I use something called Bio Wheals, kinda like bio balls just different shape. After 6 months use, with no cleaning they seem to catch all the small micro stuff too. I have filters with nothing but them and a single medium "filter matten" (the blue german filter sponge), have'nt been cleaned for 4 years and no problems with the flow. The fish are like "floating in air" when you look into the tank, it's like u can't see the water no matter what angle you look from.

I have no ekspiriance with AC's, I use Caniters, sump or internal filters.


----------



## bosco0633 (Dec 31, 2009)

Wow!!!! Ok so like I said, yesterday I did a ton of work to the tank. It had a dirty look almost a brown/green tint to it and I was changing 1/3 a week.

Well today it has improved a ton but not quite where I want it to be yet. Rome wasn't built in a day so I'm not to concerned.

Well I am running an aquaclear 70 power head right now. I got that yesterday and a polishing filter cartridge. I just took it off to see if it was working well and the filter inside was a deep green color. The water looks better now less greeny brown but wow I can't believe just how bad the water was.

It must be all the algae in the water. I had a huge spike prior to purchasing 6 BN plecos. It's funny, you think just changing the water is enough to keep good water but you really need to target the source of the problem. In this case algae is to blame I think now.


----------



## KaiserSousay (Nov 2, 2008)

*you think just changing the water is enough to keep good water but you really need to target the source of the problem. *

Amen :thumb:


----------



## afr..cichlids (Feb 16, 2010)

Pali said:


> I have'nt used polish filters for a long time, they clog up way to fast.
> 
> I use something called Bio Wheals, kinda like bio balls just different shape. After 6 months use, with no cleaning they seem to catch all the small micro stuff too. I have filters with nothing but them and a single medium "filter matten" (the blue german filter sponge), have'nt been cleaned for 4 years and no problems with the flow. The fish are like "floating in air" when you look into the tank, it's like u can't see the water no matter what angle you look from.
> 
> I have no ekspiriance with AC's, I use Caniters, sump or internal filters.


Have fluval flx5 can thil work in this kind of filter?


----------



## bosco0633 (Dec 31, 2009)

source identified and steps have been taking to prevent this from happening again.

It turns out to be a massive algae concern and a nanny that was a heavy feeder. Both issues addressed by telling the nanny to stop feeding the fish!, then I have cut my hours of lighting down from 12 hours to 8 hours of full lighting, and 2 hours of moon lights before and after.

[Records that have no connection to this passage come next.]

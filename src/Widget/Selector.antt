-- ===== src/Widget/Selector.antt =====
-- framework/dsl/managed/ManagedSelector.tsx: the choice of one of the available values, kept in two
-- properties that follow each other.
mod Defs
mod Searching
pub mod Settling
pub mod Available
unfoldable pub use Defs.*
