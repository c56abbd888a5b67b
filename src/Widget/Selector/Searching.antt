-- ===== src/Widget/Selector/Searching.antt =====
-- The index that a selector looks up.
use art_platform.Common.{
  ℕ, zero, suc, ◌≡◌, ◌≢◌, refl, ap, ◌∙◌, none, some, List, [], ◌∷◌, get_elem?, find_index?,
  find_index_from, find_index_from-holds, arith, DeepEqual, ◌==◌, ==_iff, Option-cases, inl, inr,
}
use art_platform.Widget.Selector.Defs.{index_of}

module _ {ℓ} {T : Type ℓ} ⦃e : DeepEqual T⦄ where
  find_index_from-of_get :
      (n : ℕ) (xs : List T) (i : ℕ) (v : T)
      → get_elem? xs i ≡ some v
      → find_index_from n (λ x. x == v) xs ≢ none
  find_index_from-of_get n [] i v h = λ q. cc
  find_index_from-of_get n (x ∷ xs) zero v h = ground (arith, ==_iff x v)
  find_index_from-of_get n (x ∷ xs) (suc i) v h =
      ground (arith, find_index_from-of_get (suc n) xs i v h)

  -- A value that is there is at the index that is found for it.
  pub get_elem?-index_of :
      (xs : List T) (i : ℕ) (v : T)
      → get_elem? xs i ≡ some v
      → get_elem? xs (index_of (some v) xs) ≡ some v
  unfolding index_of
  get_elem?-index_of xs i v h = elim (Option-cases (find_index? (λ x. x == v) xs)) [
    | inl none_found ↦ absurd (find_index_from-of_get 0 xs i v h none_found)
    | inr (j, found) ↦
        let (k, jk, x, at, same) = find_index_from-holds 0 (λ x. x == v) xs found in
        let value : x ≡ v = ground (arith, ==_iff x v, same) in
        let index : j ≡ k = omega arith in rw (found, index) (at ∙ ap some value)
  ]

  -- For a value that is not there the index is 0.
  pub index_of_absent :
      (xs : List T) (v : T) → ((i : ℕ) → get_elem? xs i ≢ some v) → index_of (some v) xs ≡ 0
  unfolding index_of
  index_of_absent xs v absent = elim (Option-cases (find_index? (λ x. x == v) xs)) [
    | inl none_found ↦ rw none_found refl
    | inr (j, found) ↦
        let (k, jk, x, at, same) = find_index_from-holds 0 (λ x. x == v) xs found in
        let value : x ≡ v = ground (arith, ==_iff x v, same) in
        absurd (absent k (at ∙ ap some value))
  ]

  pub index_of_first : (x : T) (xs : List T) → index_of (some x) (x ∷ xs) ≡ 0
  unfolding index_of
  index_of_first x xs = ground (arith, ==_iff x x)
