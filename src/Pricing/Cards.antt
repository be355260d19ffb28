-- ===== src/Pricing/Cards.antt =====
-- Price cards and their validation: `modelPrice`, `priceInterval`, `validateModelPrices` and
-- `validateGroupPrices` of internal/app/pricing.go. The map of multipliers is a list of its entries.
pub mod Intervals
pub mod Validation
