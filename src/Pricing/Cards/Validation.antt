-- ===== src/Pricing/Cards/Validation.antt =====
-- The validation of cards: `validateModelPrices` and `validateGroupPrices` of internal/app/pricing.go.
use lite_api.Common.{
  ℕ, ◌+◌, ltb, if◌then◌else◌, ◌==◌, nat_eq, string_eq, text_eq, Text, String, Bool, true, false,
  not, ◌&&◌, ◌||◌, List, [], ◌∷◌, Option, none, some, length, any,
}
use lite_api.Common.Strings.{trim_space}
use lite_api.Common.Errors.{Result, ok, ◌>>=◌, ◌>>◌, fail_if, bad}
use lite_api.Models.{supported_platform, valid_model_pattern, patterns_overlap, pricing_name}
use lite_api.Pricing.Numbers.{valid_price, valid_multiplier, positive_decimal}
use lite_api.Pricing.Periods.{TimePrice, Moment, validate_time}
use lite_api.Pricing.Cards.Intervals.{Card, is_set, checked_intervals, sort_intervals}

-- The names of the platform's models that stand on earlier cards.
abbrev pub Names : Type 0
Names = List (String × Text)

unfoldable pub overlaps_name : Names → String → Text → Bool
overlaps_name names platform n = any (λ e. e.0 == platform && patterns_overlap n e.1) names

-- The loop over the models of a card.
unfoldable pub checked_models : Names → String → List Text → Result Names
checked_models names platform [] = ok names
checked_models names platform (m ∷ ms) = do
  fail_if (not (valid_model_pattern m)) (bad "invalid model pattern")
  fail_if (overlaps_name names platform (pricing_name m)) (bad "overlapping model pricing patterns")
  checked_models ((platform, pricing_name m) ∷ names) platform ms

unfoldable pub known_mode : String → Bool
known_mode mode = mode == "token" || mode == "per_request" || mode == "image" || mode == "video"

unfoldable pub known_multiplier : String → Bool
known_multiplier effort =
    effort == "none"
    || effort == "minimal"
    || effort == "low"
    || effort == "medium"
    || effort == "high"
    || effort == "xhigh"
    || effort == "max"

-- The loop over the multipliers of the efforts.
unfoldable pub checked_reasoning : List (String × Text) → Result (Unit {0})
checked_reasoning [] = ok tt
checked_reasoning ((effort, n) ∷ rest) = do
  fail_if (not (known_multiplier effort)) (bad "invalid reasoning effort")
  fail_if (not (positive_decimal n 6 6)) (bad "invalid reasoning multiplier")
  checked_reasoning rest

-- The prices of a card; `stats` is `accountStats`.
unfoldable pub checked_prices : Bool → Card → Result (Unit {0})
checked_prices stats p = do
  fail_if
      (any (λ n. not (valid_price n (if stats then 10 else 8) (if stats then 10 else 12)))
        (p.input ∷ p.output ∷ p.cache_write ∷ p.cache_read ∷ []))
      (bad "invalid token price")
  fail_if
      (not (valid_price p.cache_write_1h 8 12)
        || not (valid_price p.image_input 8 12)
        || not (valid_price p.image_output (if stats then 10 else 12) (if stats then 10 else 8))
        || not (valid_price p.per_request 10 10)
        || not (valid_multiplier p.fast)
        || not (valid_multiplier p.flex))
      (bad "invalid price or multiplier")
  checked_reasoning p.reasoning

-- A policy without periods is none.
unfoldable pub set_time : Option TimePrice → Option TimePrice
set_time none = none
set_time (some t) = if length t.periods == 0 then none else some t

unfoldable pub has_time : Option TimePrice → Bool
has_time none = false
has_time (some t) = true

unfoldable pub validate_set_time : Moment → Option TimePrice → Result (Unit {0})
validate_set_time at none = ok tt
validate_set_time at (some t) = validate_time at t

-- The defaults of a card.
unfoldable pub with_defaults : Card → Card
with_defaults p = record p {
  platform = if p.platform == "" then "anthropic" else p.platform;
  billing_mode = if p.billing_mode == "" then "token" else p.billing_mode;
}

-- One card, its defaults filled in: it with the names taken so far.
unfoldable pub checked_card : Moment → Bool → Names → Card → Result (Card × Names)
checked_card at stats names raw = do
  let p = with_defaults raw
  fail_if (not (supported_platform p.platform)) (bad "unsupported pricing platform")
  fail_if (not (known_mode p.billing_mode)) (bad "invalid billing mode")
  fail_if (length p.models == 0 || ltb 100 (length p.models))
      (bad "pricing requires 1 to 100 models")
  taken ← checked_models names p.platform p.models
  checked_prices stats p
  fail_if (not (p.billing_mode == "token") && not (is_set p.per_request) && length p.intervals == 0)
      (bad "per-request and image billing require a price")
  let time = set_time p.time_pricing
  fail_if (has_time time && (not (p.billing_mode == "token") || stats))
      (bad "time pricing only applies to channel token prices")
  validate_set_time at time
  fail_if (stats && (is_set p.fast || is_set p.flex || is_set p.image_input))
      (bad "account stats pricing does not support service tier or image input overrides")
  fail_if (ltb 100 (length p.intervals)) (bad "too many pricing intervals")
  checked_intervals stats (p.billing_mode == "token") none [] (sort_intervals p.intervals)
  ok (record p { time_pricing = time }, taken)

-- The loop over the cards, with the number of models and the names so far.
unfoldable pub checked_cards : Moment → Bool → ℕ → Names → List Card → Result (List Card)
checked_cards at stats total names [] = ok []
checked_cards at stats total names (p ∷ ps) = do
  fail_if (ltb 2000 (total + length p.models)) (bad "too many pricing model patterns")
  first ← checked_card at stats names p
  rest ← checked_cards at stats (total + length p.models) first.1 ps
  ok (first.0 ∷ rest)

-- `validateModelPrices`. The moment stands for the time zones that the program knows.
unfoldable pub validate_model_prices : Moment → Bool → List Card → Result (List Card)
validate_model_prices at stats prices = do
  fail_if (ltb 1000 (length prices)) (bad "too many pricing entries")
  checked_cards at stats 0 [] prices

unfoldable pub trim_all : List Text → List Text
trim_all [] = []
trim_all (m ∷ ms) = trim_space m ∷ trim_all ms

-- `p.TimePricing != nil && len(p.TimePricing.Periods) > 0`.
unfoldable pub has_periods : Option TimePrice → Bool
has_periods none = false
has_periods (some t) = ltb 0 (length t.periods)

-- The loop of `validateGroupPrices`.
unfoldable pub group_cards : String → List Card → Result (List Card)
group_cards group_platform [] = ok []
group_cards group_platform (p ∷ ps) = do
  fail_if (has_periods p.time_pricing) (bad "group model pricing does not support time pricing")
  rest ← group_cards group_platform ps
  ok (
      record p {
        platform = if p.platform == "" then group_platform else p.platform;
        models = trim_all p.models;
      }
      ∷ rest)

-- `validateGroupPrices`.
unfoldable pub validate_group_prices : Moment → String → List Card → Result (List Card)
validate_group_prices at group_platform prices = do
  cards ← group_cards group_platform prices
  validate_model_prices at false cards
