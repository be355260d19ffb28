-- ===== src/Pricing/Charges.antt =====
-- What a request costs: `interval`, `resolvedPrice`, `tokenPrices` and `calculatePrice` of
-- internal/app/pricing.go. A text that `FloatString(k)` writes is the number of its units of `10 ^ -k`.
pub mod Tokens
pub mod Requests
pub mod Parts
pub mod Totals
pub mod Tiers
pub mod Split
pub mod Missing
pub mod Proper
pub mod Rounding
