-- ===== src/Pricing/Charges/Parts.antt =====
-- What the tokens of a request cost: part of `calculatePrice` of internal/app/pricing.go.
use Prim.Native.Nat.{min}
use lite_api.Common.{
  ℕ, ◌+◌, ◌-◌, ◌*◌, ◌/◌, ltb, if◌then◌else◌, ◌==◌, nat_eq, string_eq, text_eq, Text, codes, String,
  Bool, ◌&&◌, ◌||◌, List, [], ◌∷◌, Option, none, some, any,
}
use lite_api.Common.Errors.{Result, ok, err, ◌>>=◌, bad}
use lite_api.Common.Rat.{Rat, whole, zero_rat, one_rat, ◌*ℚ◌, ◌+ℚ◌, is_positive}
use lite_api.Pricing.Numbers.{Price, rat, decimal_or}
use lite_api.Pricing.Cards.Intervals.{Card, is_set}
use lite_api.Pricing.Charges.Tokens.{Usage, UnitPrices}

-- `component`: what a number of units costs.
unfoldable pub component : ℕ → Option Rat → Result Rat
component count none =
    if count == 0 then ok zero_rat else err (bad "price unavailable for consumed units")
component count (some price) = if count == 0 then ok zero_rat else ok (whole count *ℚ price)

-- How the written tokens split into the ones kept for five minutes and for an hour.
unfoldable pub write_split : ℕ → ℕ → ℕ → ℕ × ℕ
write_split written five hour =
    if ltb 0 written && ltb written (five + hour)
    then (let scaled = (written * five * 2 + (five + hour)) / (2 * (five + hour)) in
        (scaled, written - scaled))
    else (five, hour)

-- Whether the card tells the two kinds of writes apart.
unfoldable pub tells_writes : Card → Bool
tells_writes p = is_set p.cache_write_1h || any (λ iv. is_set iv.cache_write_1h) p.intervals

-- The cost of the written tokens.
unfoldable pub write_part : Bool → ℕ → ℕ × ℕ → UnitPrices → Result Rat
write_part splits written (five, hour) prices =
    if splits && (ltb 0 five || ltb 0 hour)
    then (do
      five_cost ← component five prices.write_price
      hour_cost ← component hour prices.write_1h_price
      ok (five_cost +ℚ hour_cost))
    else component written prices.write_price

unfoldable pub fast_multiplier : Price → Option Rat → Rat
fast_multiplier none (some ratio) = ratio
fast_multiplier none none = whole 2
fast_multiplier (some n) ratio = rat n

-- The multiplier of the service tier.
unfoldable pub tier_multiplier : Card → Text → Rat
tier_multiplier p tier =
    if tier == codes "priority" || tier == codes "fast"
    then fast_multiplier p.fast p.fast_ratio
    else if tier == codes "ultrafast"
    then whole 2
    else if tier == codes "flex"
    then decimal_or p.flex (record { num = 1; den = 2 })
    else one_rat

-- The multiplier of the effort.
unfoldable pub effort_multiplier : List (String × Text) → String → Rat
effort_multiplier [] effort = one_rat
effort_multiplier ((e, n) ∷ rest) effort =
    if e == effort then rat n else effort_multiplier rest effort

pub record Parts : Type 0 where
  pub input_part : Rat
  pub output_part : Rat
  pub write_part_of : Rat
  pub read_part : Rat
  pub image_input_part : Rat
  pub image_output_part : Rat

abbrev pub no_parts : Parts
no_parts = record {
  input_part = zero_rat;
  output_part = zero_rat;
  write_part_of = zero_rat;
  read_part = zero_rat;
  image_input_part = zero_rat;
  image_output_part = zero_rat;
}

unfoldable pub image_input_price : Price → Option Rat → Option Rat
image_input_price none fallback = fallback
image_input_price (some n) fallback = if is_positive (rat n) then some (rat n) else fallback

-- The costs of the tokens, before the multiplier.
unfoldable pub token_parts : Card → Usage → UnitPrices → Result Parts
token_parts p u prices = do
  let images = min u.image_input_tokens u.input_tokens
  input ← component (u.input_tokens - images) prices.input_price
  output ← component (u.output_tokens - u.image_output_tokens) prices.output_price
  read ← component u.read_tokens prices.read_price
  image_in ← component images (image_input_price p.image_input prices.input_price)
  image_out ← component u.image_output_tokens (some (decimal_or p.image_output zero_rat))
  written ←
      write_part (tells_writes p) u.write_tokens (write_split u.write_tokens u.write_5m u.write_1h)
        prices
  ok (record {
    input_part = input;
    output_part = output;
    write_part_of = written;
    read_part = read;
    image_input_part = image_in;
    image_output_part = image_out;
  })

unfoldable pub scale_parts : Rat → Parts → Parts
scale_parts m ps = record {
  input_part = ps.input_part *ℚ m;
  output_part = ps.output_part *ℚ m;
  write_part_of = ps.write_part_of *ℚ m;
  read_part = ps.read_part *ℚ m;
  image_input_part = ps.image_input_part *ℚ m;
  image_output_part = ps.image_output_part *ℚ m;
}

unfoldable pub sum_parts : Parts → Rat
sum_parts ps =
    zero_rat +ℚ ps.input_part +ℚ ps.output_part +ℚ ps.write_part_of +ℚ ps.read_part
    +ℚ ps.image_input_part +ℚ ps.image_output_part
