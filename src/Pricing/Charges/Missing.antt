-- ===== src/Pricing/Charges/Missing.antt =====
-- When the tokens of a request can be charged for.
use Prim.Native.Nat.{min}
use lite_api.Common.{
  ℕ, ◌-◌, ltb, nat_eq, ◌≡◌, ◌⊎◌, Bool, true, false, ◌&&◌, ◌||◌, Option, some, Text, ◌<◌,
}
use lite_api.Common.Errors.{ApiError, Result, ok, err, bad}
use lite_api.Common.Rat.{Rat}
use lite_api.Pricing.Cards.Intervals.{Card}
use lite_api.Pricing.Charges.Tokens.{Usage, UnitPrices}
use lite_api.Pricing.Numbers.{Price, rat}
use lite_api.Pricing.Charges.Parts.{write_split, tells_writes}

abbrev pub missing : ApiError
missing = bad "price unavailable for consumed units"

-- Nothing is used, or what is used has a price.
abbrev pub IsPriced : ℕ → Option Rat → Type 0
IsPriced count price = (count ≡ 0) ⊎ ((r : Rat) × (price ≡ some r))

-- The call succeeds and `P` holds, or it fails for a missing price and `P` does not.
abbrev pub IsCharged : {A : Type 0} → Result A → Type 0 → Type 0
IsCharged {A} call P = (((a : A) × (call ≡ ok a)) × P) ⊎ ((call ≡ err missing) × ¬ P)

-- The price that the written tokens need: one for each kind if the card tells the kinds apart and the
-- usage names any, and else the one.
abbrev pub HasWritePrices : Bool → ℕ → ℕ × ℕ → UnitPrices → Type 0
HasWritePrices true written (five, hour) prices =
    IsPriced five prices.write_price × IsPriced hour prices.write_1h_price
HasWritePrices false written (five, hour) prices = IsPriced written prices.write_price

-- Image input is priced by the card, with more than nothing, or as input.
abbrev pub IsImagePriced : ℕ → Price → Option Rat → Type 0
IsImagePriced count own input =
    (count ≡ 0) ⊎ ((n : Text) × (own ≡ some n) × (0 < (rat n).num)) ⊎ ((r : Rat) × (input ≡ some r))

abbrev pub HasAllPrices : Card → Usage → UnitPrices → Type 0
HasAllPrices p u prices =
    let images = min u.image_input_tokens u.input_tokens in
    let split = write_split u.write_tokens u.write_5m u.write_1h in
    IsPriced (u.input_tokens - images) prices.input_price
    × (IsPriced (u.output_tokens - u.image_output_tokens) prices.output_price
        × (IsPriced u.read_tokens prices.read_price
            × (IsImagePriced images p.image_input prices.input_price
                × HasWritePrices (tells_writes p && (ltb 0 split.0 || ltb 0 split.1)) u.write_tokens
                    split prices)))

I cleaned every filter out by hand rinsing each filter. For new filters they get dirty really fast. I noticed algae even growing on the media. So cleaned all four aquaclear 500s out, then took one of the 4 filters, loading it to the gills with filter floss. The other four have carbon and sponge and bioballs now sit on top of each unit.

Then I added the ac 70 powerhead and changed the polishing filter twice now. I also added 2 more BN plecos to the mix and boom, clear green free water!!!

so far so good.


----------



## Pali (Dec 22, 2009)

afr..cichlids said:


> Have fluval flx5 can thil work in this kind of filter?


Id guess soo, I have them in all my canisters and filters where I can fit em.


----------



## fmueller (Jan 11, 2004)

You've taken some steps in the right direction. The fish shouldn't need feeding more than once a day. Assuming you want to do this yourself - you might want to look at them? - there is no need for the nanny to get involved.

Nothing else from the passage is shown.